Я не обижалась на беззлобные замечания Ронни. Он постоянно ворчал на мой музыкальный вкус и на отсутствие познаний в интересных ему областях. Почему-то он был свято убеждён в том, что каждый здравомыслящий человек обязан знать, в каком году вышел «The rise and fall of Ziggy Stardust and the Spiders from Mars» Дэвида Боуи. В тысяча девятьсот семьдесят втором. Видите, что он со мной делал? Моя пустая голова стремительно заполнялась тонной полезной, с точки зрения Ронни, информацией. Я не знала, что с этой информацией делать, но и очистить от неё память уже не могла. Всё, чем он делился, вдохновлённый, с сияющими от восторга глазами, впитывалось в меня, как в губку.

– А я ей говорю: пошли ко мне. А она такая: ну пошли, но секса не будет. А чё тогда ко мне идти? Чай, что ли, пить?

Раздался взрыв хохота, будто говоривший очкарик выдал невероятную остроту, а девочка с чёрными волосами сказала: «Ну ты и тупой». Я, утомлённая необходимостью отвечать на водопад вопросов о себе, практически не участвовала в разговоре, лишь изредка кивая или выдавая что-то вроде «г-хм», когда кто-нибудь из компании обращался ко мне. Ронни общался с ними с трона в виде карусели, но чаще и он тоже молчал, предаваясь каким-то своим мыслям. Только сказал мне между делом: «Если эти придурки тебя достанут – уйдём ко мне смотреть кино». Кэтти в ответ сказала, что придурок тут только один, высокий такой, на карусели сидит, и я, наверное, впервые за долгое время, рассмеялась: над задором Кэтти, над кислым выражением лица Ронни. Смех – странная штука. Здорово, когда люди смеются – это как живительный эликсир, наполняющий энергией и их самих, и всех окружающих. Вот только у меня смеяться получалось редко. Будто рефлекс не срабатывал в нужный момент. Хмыканье неопределённого эмоционального окраса – мой потолок.

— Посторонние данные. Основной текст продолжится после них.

-- ===== src/Blob/Make.antt =====
-- `make_blob` of `BlobStore` in src/io/blob/blob.hpp as a coroutine: what it does up to its first
-- suspension, and each time that it is resumed. `channel` is what `spdk_bs_alloc_io_channel` gives.
pub mod Ends
use sqkio.Common.{ℕ, Bool, Option}
use sqkio.Outcome.{Outcome, ok, abort, ◌>>=◌}
use sqkio.Scheduler.{SqkScheduler}
use sqkio.Awaker.{Awaker, Awaited, resumes, suspends, await_resume}
use sqkio.Blob.{Completion, asserting_cb, store_call}

-- `Blob`, by the pointers that `Blob(blob, channel)` stores.
pub record BlobObject (P C : Type 0) : Type 0 where
  pub blob : P
  pub channel : C

-- Where the coroutine stands: at the `co_await` for the new id, at that for the blob of an id, or
-- at its end.
pub data MakeBlob (W I P C : Type 0) : Type 0 where
  creating : Awaker W I → MakeBlob W I P C
  opening : I → Awaker W P → MakeBlob W I P C
  made : BlobObject P C → MakeBlob W I P C

module _ {W I P C : Type 0} (moved_id : I → I) (moved_blob : P → P) (debug : Bool) (fuel : ℕ)
    (unset_id : I) (unset_blob : P) (channel : C) where
  -- Behind the second `co_await`.
  unfoldable pub opened : P → MakeBlob W I P C
  opened blob = made (record { blob = blob; channel = channel })

  -- Behind the first `co_await`: the blob of `id` is opened.
  unfoldable pub created :
      I → Option (Completion P) → W → SqkScheduler W → Outcome (MakeBlob W I P C × SqkScheduler W)
  created id inside handle s =
      store_call moved_blob fuel debug unset_blob inside handle s >>= λ (awaited, a, s').
      elim awaited [ resumes blob ↦ ok (opened blob, s') | suspends ↦ ok (opening id a, s') ]

  -- `make_blob` in the coroutine `handle`; `inside` and `inside'` are what SPDK's callbacks are
  -- given if they are made in the calls.
  unfoldable pub make_blob :
      Option (Completion I)
      → Option (Completion P)
      → W
      → SqkScheduler W
      → Outcome (MakeBlob W I P C × SqkScheduler W)
  make_blob inside inside' handle s =
      store_call moved_id fuel debug unset_id inside handle s >>= λ (awaited, a, s'). elim awaited [
        | resumes id ↦ created id inside' handle s'
        | suspends ↦ ok (creating a, s')
      ]

  -- The coroutine is resumed where it stands.
  unfoldable pub make_blob_resumed :
      Option (Completion P)
      → W
      → MakeBlob W I P C
      → SqkScheduler W
      → Outcome (MakeBlob W I P C × SqkScheduler W)
  make_blob_resumed inside' handle (creating a) s =
      let (id, a') = await_resume moved_id fuel a in created id inside' handle s
  make_blob_resumed inside' handle (opening id a) s =
      let (blob, a') = await_resume moved_blob fuel a in ok (opened blob, s)
  make_blob_resumed inside' handle (made b) s = abort

  -- The callbacks behind the calls, on the awaker in the coroutine's frame.
  unfoldable pub id_arrives :
      Completion I → MakeBlob W I P C → SqkScheduler W → Outcome (MakeBlob W I P C × SqkScheduler W)
  id_arrives c (creating a) s =
      asserting_cb moved_id fuel debug c a s >>= λ (a', s'). ok (creating a', s')
  id_arrives c _ s = abort

  unfoldable pub blob_arrives :
      Completion P → MakeBlob W I P C → SqkScheduler W → Outcome (MakeBlob W I P C × SqkScheduler W)
  blob_arrives c (opening id a) s =
      asserting_cb moved_blob fuel debug c a s >>= λ (a', s'). ok (opening id a', s')
  blob_arrives c _ s = abort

Тощий очкарик (не так уж просто за раз запомнить с десяток имён, особенно когда обращения вроде «придурок» звучат чаще) передал по кругу объёмный пакет, доверху набитый мягкими зефирками – маршмэллоу. Сочетание зефира с пивом показалось мне отвратительным.

– А что такого? – обиженно сказал он. – Это очень вкусно.

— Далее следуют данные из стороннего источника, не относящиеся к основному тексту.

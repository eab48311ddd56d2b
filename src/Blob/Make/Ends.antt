-- ===== src/Blob/Make/Ends.antt =====
-- `make_blob` of src/io/blob/blob.hpp from its call to its end, with SPDK's callbacks behind the
-- calls.
use sqkio.Common.{
  ℕ, suc, ◌-◌, ◌^◌, ◌<◌, ◌≡◌, refl, Bool, false, ◌&&◌, not, [], ◌∷◌, ◌++◌, length, none, some,
}
use sqkio.Outcome.{ok}
use sqkio.Ring.Calls.Valid.{contents, IsValid}
use sqkio.Scheduler.{SqkScheduler}
use sqkio.Awaker.{await_suspend, await_resume, co_await}
use sqkio.Awaker.Laws.{wake-waiting}
use sqkio.Blob.{Completion, asserting_cb, start, store_call}
use sqkio.Blob.Make.{
  MakeBlob, creating, opening, made, opened, created, make_blob, make_blob_resumed, id_arrives,
  blob_arrives,
}

-- The callback of a coroutine that waits puts it into the queue.
asserting_cb-waiting :
    {W R : Type 0} (moved_from : R → R) (k fuel : ℕ) (debug : Bool) (handle : W) (unset : R)
    (c : Completion R) (s : SqkScheduler W)
    → (debug && not c.succeeded) ≡ false
    → IsValid 8 k s.queue
    → length (contents 8 s.queue) < 2 ^ k - 1
    → (s' : SqkScheduler W) × (asserting_cb moved_from
          (suc fuel)
          debug
          c
          (record { handle = some handle; ret = unset })
          s
        ≡ ok (record { handle = some handle; ret = c.result }, s'))
      × (contents 8 s'.queue ≡ contents 8 s.queue ++ (handle ∷ []) ∷ [])
unfolding asserting_cb
asserting_cb-waiting moved_from k fuel debug handle unset c s passes v room =
    let (s', runs, valid, held, same) =
      wake-waiting moved_from k fuel c.result (record { handle = some handle; ret = unset }) s
        handle refl v room in
    (s', rw (asserting_cb, passes) runs, held)

module _ {W I P C : Type 0} (moved_id : I → I) (moved_blob : P → P) (debug : Bool) (k fuel : ℕ)
    (unset_id : I) (unset_blob : P) (channel : C) (handle : W) (id : Completion I)
    (blob : Completion P) (s0 s1 s2 s3 s4 : SqkScheduler W) where
  -- What the five parts of a run of `make_blob` do: the call, the first callback, the first
  -- resumption, the second callback and the second resumption, at the schedulers that each of them
  -- finds.
  abbrev pub Runs : Type 0
  Runs =
      (m1 m2 m3 m4 : MakeBlob W I P C) × (t1 t3 : SqkScheduler W) × (make_blob moved_id moved_blob
          debug (suc fuel) unset_id unset_blob channel none none handle s0
        ≡ ok (m1, s0))
      × (id_arrives moved_id moved_blob debug (suc fuel) unset_id unset_blob channel id m1 s1
          ≡ ok (m2, t1))
      × (contents 8 t1.queue ≡ contents 8 s1.queue ++ (handle ∷ []) ∷ [])
      × (make_blob_resumed moved_id moved_blob debug (suc fuel) unset_id unset_blob channel none
            handle m2 s2
          ≡ ok (m3, s2))
      × (m3 ≡ opening id.result (record { handle = some handle; ret = unset_blob }))
      × (blob_arrives moved_id moved_blob debug (suc fuel) unset_id unset_blob channel blob m3 s3
          ≡ ok (m4, t3))
      × (contents 8 t3.queue ≡ contents 8 s3.queue ++ (handle ∷ []) ∷ [])
      × (make_blob_resumed moved_id moved_blob debug (suc fuel) unset_id unset_blob channel none
            handle m4 s4
          ≡ ok (made (record { blob = blob.result; channel = channel }), s4))

  -- Where both callbacks come behind their calls with `bserrno` 0, or in a build with NDEBUG with
  -- any, and each finds a sound queue with room: `make_blob` suspends, the first callback puts its
  -- coroutine into the queue once; resumed, it asks for the blob of the id that this callback was
  -- given and suspends again, and the second puts it into the queue once; resumed again, it ends
  -- with the second callback's blob and the channel.
  pub make_blob_ends :
      (debug && not id.succeeded) ≡ false
      → (debug && not blob.succeeded) ≡ false
      → IsValid 8 k s1.queue
      → length (contents 8 s1.queue) < 2 ^ k - 1
      → IsValid 8 k s3.queue
      → length (contents 8 s3.queue) < 2 ^ k - 1
      → Runs
  unfolding make_blob make_blob_resumed id_arrives blob_arrives created opened store_call start
      co_await await_suspend await_resume
  make_blob_ends passes passes' v1 room1 v3 room3 =
      let (t1, wakes, held) =
        asserting_cb-waiting moved_id k fuel debug handle unset_id id s1 passes v1 room1 in
      let (t3, wakes', held') =
        asserting_cb-waiting moved_blob k fuel debug handle unset_blob blob s3 passes' v3 room3 in
      (
        creating (record { handle = some handle; ret = unset_id }),
        creating (record { handle = some handle; ret = id.result }),
        opening id.result (record { handle = some handle; ret = unset_blob }),
        opening id.result (record { handle = some handle; ret = blob.result }),
        t1,
        t3,
        refl,
        rw (id_arrives, wakes) refl,
        held,
        refl,
        refl,
        rw (blob_arrives, wakes') refl,
        held',
        refl,
      )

– Да, но не с пивом же, – ответила я.

– Именно с пивом, – продолжил он настаивать. – Чем хуже пиво, тем круче оно сочетается со сладким.

– Да говно, а не сочетание, – ответил другой, впиваясь зубами в ломтики зажаренного до хруста бекона, которые доставал из картонной коробки. Я уже объелась этого бекона. – Он у нас со странностями.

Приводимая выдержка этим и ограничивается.